CHICKEN RUN (2000) ***1/2

Reviewed 6/22/00

Nick Park already has a large number of devoted fans stemming from his inventive Wallace and Gromit shorts (which have also won him a couple of Oscars), but I had my doubts over whether Park and his collaborators could sustain their humor over the length of a feature when even A Close Shave dragged at times. I worried needlessly as Chicken Run turns out to be the most entertaining film of the summer so far. Like Adrenaline Drive earlier in the year, Chicken Run's story has been replicated so many times, it's beyond cliché; but also like Adrenaline Drive, Chicken Run proves that it's not the story, but how it is told that makes the movie. Park and co-writer/director Peter Lord make no bones that the movie is The Great Escape with chickens, and we basically get the first half-hour of The Great Escape in the opening credits of Chicken Run.

The transposition of people with chickens is already amusing, but that is infinitely enhanced by Park's character designs with the broad mouths, protruding teeth, and bulbous eyes. Even the jokes and predictable puns work because of the delivery from a superb cast. Leading the escaping chickens is Ginger, voiced by Julia Sawalha, a popular British television actress, who would be known to some in the U.S. for her role on Absolutely Fabulous as Saffron. Sawalha's Ginger virtually singlehandedly conveys all the determination and desperation in the film that makes it feel poignant. Mac (Lynn Ferguson), who would have been The Professor on Gilligan's Island, is Ginger's cerebral confidant. Mac is contrasted by brainless Babs (Jane Horrocks), who steals the show with lines like "Oh, me life flashed before me eyes… it was really boring" or the one which will be the quote people mimic coming out of the film, "I don't want to be a pie!" Only Mel Gibson as a self-conscious-sounding Rocky the Rooster comes off less than satisfying.

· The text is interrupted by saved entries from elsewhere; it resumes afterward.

-- ===== src/Reservation/Tenure.antt =====
-- How long a reservation of the join use case lasts, whatever calls come in between.
use pod_backend.Common.{
  ℕ, ◌≤◌, ◌≡◌, refl, ap, ◌≢◌, ◌∙◌, false, some, List, [], ◌∷◌, Text, ℤ, ok, int_eq, text_eq, arith,
  Option-cases, Outcome-cases, inl, inr,
}
use pod_backend.Common.Dict.{lookup}
use pod_backend.Entity.Reservation.{GameReservation, released}
use pod_backend.Ledger.{World, Ledger, get_active}
use pod_backend.Ledger.Invariant.{Inv}
use pod_backend.Ledger.Limit.{Safe, Safe-later, get_active-some, get_active_of_lookup}
use pod_backend.Ledger.Reads.{get_active-close, get_active-forget, get_active-later}
use pod_backend.Reservation.{
  reserve, cancel, release_on_join, is_reservation_game_available, keep_available, list_by_wallet,
  release_stale_reservation, cleanup_expired,
}
use pod_backend.Reservation.Cleanup.{lookup-cleanup_expired}
use pod_backend.Reservation.History.{
  Call, reserves, cancels_by, joins, lists, cleans, step, run, InOrder, last_time, step-Safe,
}
use pod_backend.Reservation.Outcomes.{
  reserve_ok_iff, reserve_takes, reserve-err_unchanged, cancel_cases,
}
use pod_backend.Wallet.{AddressLib, normalize_reservation_wallet}

-- The calls that may end a reservation before its time: `Cancel` by its wallet, the join of its game,
-- and a listing that finds the game no longer available.
abbrev pub Frees : AddressLib → World → ℤ → GameReservation → Call → Type 0
Frees lib w g r (reserves j wallet) = ⊥
Frees lib w g r (cancels_by j wallet) =
    (j ≡ g)
    × (normalize_reservation_wallet lib r.wallet_address ≡ normalize_reservation_wallet lib wallet)
Frees lib w g r (joins j) = j ≡ g
Frees lib w g r (lists wallet) = is_reservation_game_available w.repo_set w.get_by_id g ≡ ok false
Frees lib w g r cleans = ⊥

module _ (lib : AddressLib) (w : World) (g : ℤ) (r : GameReservation) where
  reserve_keeps :
      (st : Ledger) (j : ℤ) (wallet : Text)
      → get_active w.now st g ≡ some r
      → get_active w.now (reserve lib w st j wallet).0 g ≡ some r
  reserve_keeps st j wallet h = elim (Outcome-cases (reserve lib w st j wallet).1) [
    | inr (e, f) ↦ rw ((reserve-err_unchanged lib w st j wallet e f).0) h
    | inl (n, f) ↦
        let free = ((reserve_ok_iff lib w st j wallet).0 (n, f)).free in
        ground (
          arith,
          (reserve_takes lib w st j g wallet n f).1,
          free,
          ap (get_active w.now st) {x = j} {y = g},
        )
  ]

  release_stale_keeps :
      (st : Ledger) (j : ℤ)
      → get_active w.now st g ≡ some r
      → j ≢ g
      → get_active w.now (release_stale_reservation lib w st j) g ≡ some r
  unfolding release_stale_reservation
  release_stale_keeps st j h d = elim (Option-cases (lookup j st.reservations)) [
    | inl e ↦ rw (e, release_stale_reservation) h
    | inr (s, e) ↦
        rw (e, release_stale_reservation) (ground (arith, get_active-forget lib w.now st j g s))
  ]

  keep_available_keeps :
      (st : Ledger) (rs : List GameReservation)
      → is_reservation_game_available w.repo_set w.get_by_id g ≢ ok false
      → get_active w.now st g ≡ some r
      → get_active w.now (keep_available lib w st rs).0 g ≡ some r
  unfolding keep_available
  keep_available_keeps st [] a h = h
  keep_available_keeps st (s ∷ rs) a h = ground (
    arith,
    keep_available_keeps st rs a h,
    keep_available_keeps (release_stale_reservation lib w st s.game_id) rs a,
    release_stale_keeps st s.game_id h,
  )

  join_keeps :
      (st : Ledger) (j : ℤ)
      → get_active w.now st g ≡ some r
      → j ≢ g
      → get_active w.now (release_on_join lib w st j).0 g ≡ some r
  unfolding release_on_join
  join_keeps st j h d = elim (Option-cases (get_active w.now st j)) [
    | inl e ↦ rw (e, release_on_join) h
    | inr (s, e) ↦
        rw (e, release_on_join) (ground (arith, get_active-close lib released w.now st j g s refl))
  ]

  cancel_keeps :
      (st : Ledger) (j : ℤ) (wallet : Text)
      → get_active w.now st g ≡ some r
      → ¬ Frees lib w g r (cancels_by j wallet)
      → get_active w.now (cancel lib w st j wallet).0 g ≡ some r
  cancel_keeps st j wallet h d =
      ground (arith, cancel_cases lib w st j g wallet, ap (get_active w.now st) {x = j} {y = g})

  list_keeps :
      (st : Ledger) (wallet : Text)
      → is_reservation_game_available w.repo_set w.get_by_id g ≢ ok false
      → get_active w.now st g ≡ some r
      → get_active w.now (list_by_wallet lib w st wallet).0 g ≡ some r
  unfolding list_by_wallet
  list_keeps st wallet a h = keep_available_keeps st _ a h

  cleanup_keeps :
      (st : Ledger)
      → Inv lib st
      → get_active w.now st g ≡ some r
      → get_active w.now (cleanup_expired lib w.now st).0 g ≡ some r
  cleanup_keeps st v h =
      get_active_of_lookup w.now (cleanup_expired lib w.now st).0 g r
        (lookup-cleanup_expired lib w.now st g v ∙ h) (get_active-some w.now st g r h).1

  -- One call that does not free the reservation keeps it.
  step_keeps :
      (st : Ledger) (c : Call)
      → Inv lib st
      → get_active w.now st g ≡ some r
      → ¬ Frees lib w g r c
      → get_active w.now (step lib w st c) g ≡ some r
  unfolding step
  step_keeps st (reserves j wallet) v h d = reserve_keeps st j wallet h
  step_keeps st (cancels_by j wallet) v h d = cancel_keeps st j wallet h d
  step_keeps st (joins j) v h d = join_keeps st j h d
  step_keeps st (lists wallet) v h d = list_keeps st wallet d h
  step_keeps st cleans v h d = cleanup_keeps st v h

-- No call of a history frees the reservation.
abbrev pub NoneFrees : AddressLib → ℤ → GameReservation → List (World × Call) → Type 0
NoneFrees lib g r [] = Unit
NoneFrees lib g r ((w, c) ∷ calls) = (¬ Frees lib w g r c) × NoneFrees lib g r calls

le-last_time :
    (now : ℕ) (calls : List (World × Call)) → InOrder now calls → now ≤ last_time now calls
le-last_time now [] o = omega arith
le-last_time now ((w, c) ∷ calls) o = omega (arith, le-last_time w.now calls o.1)

-- A reservation that is active stays the active reservation of its game, unchanged, through any calls
-- in the order of time up to its expiry, by whichever wallets, cleanups among them, unless its own
-- wallet cancels it, its game is joined, or a listing finds its game no longer waiting.
pub run_keeps :
    (lib : AddressLib) (g : ℤ) (r : GameReservation) (now : ℕ) (st : Ledger)
    (calls : List (World × Call))
    → Safe lib now st
    → InOrder now calls
    → last_time now calls ≤ r.expires_at
    → NoneFrees lib g r calls
    → get_active now st g ≡ some r
    → get_active (last_time now calls) (run lib st calls) g ≡ some r
unfolding run
run_keeps lib g r now st [] s o b n h = h
run_keeps lib g r now st ((w, c) ∷ calls) s o b n h =
    let s' = Safe-later lib o.0 s in
    let h' =
      get_active-later now w.now st g r o.0 h (omega (arith, le-last_time w.now calls o.1)) in
    run_keeps lib g r w.now (step lib w st c) calls (step-Safe lib w st c s') o.1 b n.1
      (step_keeps lib w g r st c s'.inv h' n.0)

Chicken Run is filled with enough delightful stop-motion animation visuals to make Tim Burton bright with envy.  The machine in which "chickens go in, pies come out" is a terrifically realized invention of intimidating massive size and utterly cold, hard, impersonal metal.  Park also does unexpectedly wonderful things with his clay and plastic involving light and shadow, lenses and rain.  But finally, Park's ability to elicit glee comes most from his knack for interjecting mass chaos into the midst of order.  When Rocky tries to teach the chickens how to fly, Ginger leaps off the roof after all the other chickens go plummeting down in failure; however Ginger stays up and we think at first that she's succeeded, but then the camera cuts back and we see she's just standing on top of all the other chickens piled up to the roof, a pile which suddenly collapses.